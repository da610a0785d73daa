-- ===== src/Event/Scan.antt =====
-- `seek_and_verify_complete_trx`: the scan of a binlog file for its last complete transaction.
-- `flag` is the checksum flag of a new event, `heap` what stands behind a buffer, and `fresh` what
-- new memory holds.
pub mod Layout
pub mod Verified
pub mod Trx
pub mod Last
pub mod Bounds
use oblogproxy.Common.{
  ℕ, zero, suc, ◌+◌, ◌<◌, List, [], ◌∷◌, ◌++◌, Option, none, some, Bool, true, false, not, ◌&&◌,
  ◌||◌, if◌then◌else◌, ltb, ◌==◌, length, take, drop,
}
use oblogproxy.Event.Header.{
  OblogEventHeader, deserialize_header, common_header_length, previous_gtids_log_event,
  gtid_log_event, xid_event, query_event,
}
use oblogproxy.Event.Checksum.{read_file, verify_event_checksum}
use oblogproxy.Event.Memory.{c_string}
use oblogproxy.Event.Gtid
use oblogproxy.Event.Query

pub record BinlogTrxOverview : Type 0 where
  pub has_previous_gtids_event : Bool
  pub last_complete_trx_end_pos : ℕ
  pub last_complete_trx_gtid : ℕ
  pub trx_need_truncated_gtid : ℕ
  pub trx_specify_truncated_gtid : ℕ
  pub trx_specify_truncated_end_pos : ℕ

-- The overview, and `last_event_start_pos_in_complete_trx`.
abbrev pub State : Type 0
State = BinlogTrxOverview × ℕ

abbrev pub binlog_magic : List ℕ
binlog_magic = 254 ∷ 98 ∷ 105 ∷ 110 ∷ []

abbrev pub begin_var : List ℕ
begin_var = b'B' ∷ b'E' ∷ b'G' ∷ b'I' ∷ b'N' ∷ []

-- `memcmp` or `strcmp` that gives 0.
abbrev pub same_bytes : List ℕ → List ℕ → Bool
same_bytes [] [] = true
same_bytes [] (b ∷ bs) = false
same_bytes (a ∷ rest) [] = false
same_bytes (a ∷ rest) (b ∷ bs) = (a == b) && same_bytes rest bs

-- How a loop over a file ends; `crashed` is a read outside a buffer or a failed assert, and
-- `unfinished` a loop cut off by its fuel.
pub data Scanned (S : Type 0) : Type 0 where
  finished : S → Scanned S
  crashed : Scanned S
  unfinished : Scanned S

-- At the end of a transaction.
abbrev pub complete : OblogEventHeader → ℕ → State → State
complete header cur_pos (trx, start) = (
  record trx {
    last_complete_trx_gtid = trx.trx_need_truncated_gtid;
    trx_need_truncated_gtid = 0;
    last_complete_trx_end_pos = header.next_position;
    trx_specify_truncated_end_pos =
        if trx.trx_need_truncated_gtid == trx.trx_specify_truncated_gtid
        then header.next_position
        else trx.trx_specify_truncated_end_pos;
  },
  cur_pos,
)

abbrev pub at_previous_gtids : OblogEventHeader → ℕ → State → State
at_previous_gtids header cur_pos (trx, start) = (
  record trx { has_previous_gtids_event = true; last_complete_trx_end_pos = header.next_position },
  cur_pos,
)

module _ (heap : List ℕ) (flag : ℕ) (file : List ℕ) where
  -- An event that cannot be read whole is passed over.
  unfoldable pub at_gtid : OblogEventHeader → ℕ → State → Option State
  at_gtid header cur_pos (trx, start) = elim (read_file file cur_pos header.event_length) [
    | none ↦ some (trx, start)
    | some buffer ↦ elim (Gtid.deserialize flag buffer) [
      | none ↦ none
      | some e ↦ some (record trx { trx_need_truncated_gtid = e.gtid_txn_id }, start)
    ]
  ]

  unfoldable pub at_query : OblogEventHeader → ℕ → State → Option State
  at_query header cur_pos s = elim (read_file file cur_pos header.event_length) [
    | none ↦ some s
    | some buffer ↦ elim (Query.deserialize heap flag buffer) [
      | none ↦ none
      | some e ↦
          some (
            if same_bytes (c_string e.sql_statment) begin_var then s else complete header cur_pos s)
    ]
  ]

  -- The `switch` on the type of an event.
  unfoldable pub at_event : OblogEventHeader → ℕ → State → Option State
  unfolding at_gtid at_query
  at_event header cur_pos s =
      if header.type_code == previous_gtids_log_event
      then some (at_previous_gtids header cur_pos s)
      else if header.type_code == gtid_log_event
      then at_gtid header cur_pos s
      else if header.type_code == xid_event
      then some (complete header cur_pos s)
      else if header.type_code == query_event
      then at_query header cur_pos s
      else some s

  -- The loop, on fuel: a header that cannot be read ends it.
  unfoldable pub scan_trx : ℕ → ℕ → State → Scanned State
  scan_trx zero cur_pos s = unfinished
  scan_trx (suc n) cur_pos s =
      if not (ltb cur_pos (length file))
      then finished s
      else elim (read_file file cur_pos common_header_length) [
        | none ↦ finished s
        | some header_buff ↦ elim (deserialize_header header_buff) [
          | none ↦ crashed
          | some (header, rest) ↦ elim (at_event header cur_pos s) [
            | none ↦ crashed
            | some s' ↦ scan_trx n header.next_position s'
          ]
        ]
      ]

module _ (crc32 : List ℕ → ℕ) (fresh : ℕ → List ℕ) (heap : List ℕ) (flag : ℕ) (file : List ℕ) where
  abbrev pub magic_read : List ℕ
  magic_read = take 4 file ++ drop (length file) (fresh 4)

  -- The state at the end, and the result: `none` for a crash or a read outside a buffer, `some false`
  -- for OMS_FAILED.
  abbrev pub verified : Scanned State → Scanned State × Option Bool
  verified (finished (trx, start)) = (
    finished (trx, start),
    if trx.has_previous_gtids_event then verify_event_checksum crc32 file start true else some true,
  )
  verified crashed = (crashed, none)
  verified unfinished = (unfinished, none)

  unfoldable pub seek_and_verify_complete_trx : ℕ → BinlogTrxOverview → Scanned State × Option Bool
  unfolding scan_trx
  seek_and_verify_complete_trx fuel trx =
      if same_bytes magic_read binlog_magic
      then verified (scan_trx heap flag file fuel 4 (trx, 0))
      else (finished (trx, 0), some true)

════════════════

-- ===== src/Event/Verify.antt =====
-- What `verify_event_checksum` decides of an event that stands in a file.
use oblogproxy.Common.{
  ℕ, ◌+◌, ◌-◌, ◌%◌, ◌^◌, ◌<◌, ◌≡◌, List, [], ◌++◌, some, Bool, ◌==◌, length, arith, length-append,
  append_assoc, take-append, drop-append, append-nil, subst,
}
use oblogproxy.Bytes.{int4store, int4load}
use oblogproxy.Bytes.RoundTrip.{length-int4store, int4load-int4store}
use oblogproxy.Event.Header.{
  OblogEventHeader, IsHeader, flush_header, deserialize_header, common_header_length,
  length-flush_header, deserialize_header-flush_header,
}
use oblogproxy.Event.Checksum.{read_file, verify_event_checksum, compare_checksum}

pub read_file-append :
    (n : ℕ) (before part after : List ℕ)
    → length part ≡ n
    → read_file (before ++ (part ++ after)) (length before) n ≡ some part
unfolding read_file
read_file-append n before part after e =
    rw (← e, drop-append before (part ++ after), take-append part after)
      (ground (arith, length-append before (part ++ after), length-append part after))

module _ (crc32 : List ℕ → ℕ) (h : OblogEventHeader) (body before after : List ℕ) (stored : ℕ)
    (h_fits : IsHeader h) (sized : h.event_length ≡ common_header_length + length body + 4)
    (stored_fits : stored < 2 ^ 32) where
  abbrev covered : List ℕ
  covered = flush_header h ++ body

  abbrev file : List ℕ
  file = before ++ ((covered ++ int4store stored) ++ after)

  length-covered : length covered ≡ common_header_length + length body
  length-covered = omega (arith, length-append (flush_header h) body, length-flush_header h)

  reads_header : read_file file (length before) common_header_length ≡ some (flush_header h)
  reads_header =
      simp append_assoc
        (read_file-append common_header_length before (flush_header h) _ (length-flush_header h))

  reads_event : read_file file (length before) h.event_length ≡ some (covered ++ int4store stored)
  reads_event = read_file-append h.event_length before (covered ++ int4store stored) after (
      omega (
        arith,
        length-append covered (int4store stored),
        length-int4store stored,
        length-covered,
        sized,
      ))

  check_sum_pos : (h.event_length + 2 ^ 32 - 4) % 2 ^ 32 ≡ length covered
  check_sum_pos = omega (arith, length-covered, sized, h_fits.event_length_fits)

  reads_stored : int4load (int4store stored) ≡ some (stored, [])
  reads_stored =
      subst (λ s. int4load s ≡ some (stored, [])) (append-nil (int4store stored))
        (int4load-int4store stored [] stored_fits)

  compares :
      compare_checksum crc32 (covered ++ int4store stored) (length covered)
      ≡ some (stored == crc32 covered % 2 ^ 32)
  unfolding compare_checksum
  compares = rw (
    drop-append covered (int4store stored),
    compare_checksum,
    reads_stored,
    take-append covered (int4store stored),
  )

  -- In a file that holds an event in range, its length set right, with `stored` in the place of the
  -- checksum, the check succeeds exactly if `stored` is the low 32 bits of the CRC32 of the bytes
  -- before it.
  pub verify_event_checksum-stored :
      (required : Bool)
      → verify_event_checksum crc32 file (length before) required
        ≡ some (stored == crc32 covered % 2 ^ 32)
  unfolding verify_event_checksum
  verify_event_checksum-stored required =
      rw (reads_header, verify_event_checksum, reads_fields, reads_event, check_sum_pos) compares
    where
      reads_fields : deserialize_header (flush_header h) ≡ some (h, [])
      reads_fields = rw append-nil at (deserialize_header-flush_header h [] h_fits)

════════════════

» TASK TO COMPLETE: Search the data for the string "IsHeader" and copy every line where it appears.

» RESPONSE AREA:
  OblogEventHeader, IsHeader, flush_header, deserialize_header, common_header_length,
    (h_fits : IsHeader h) (sized : h.event_length ≡ common_header_length + length body + 4)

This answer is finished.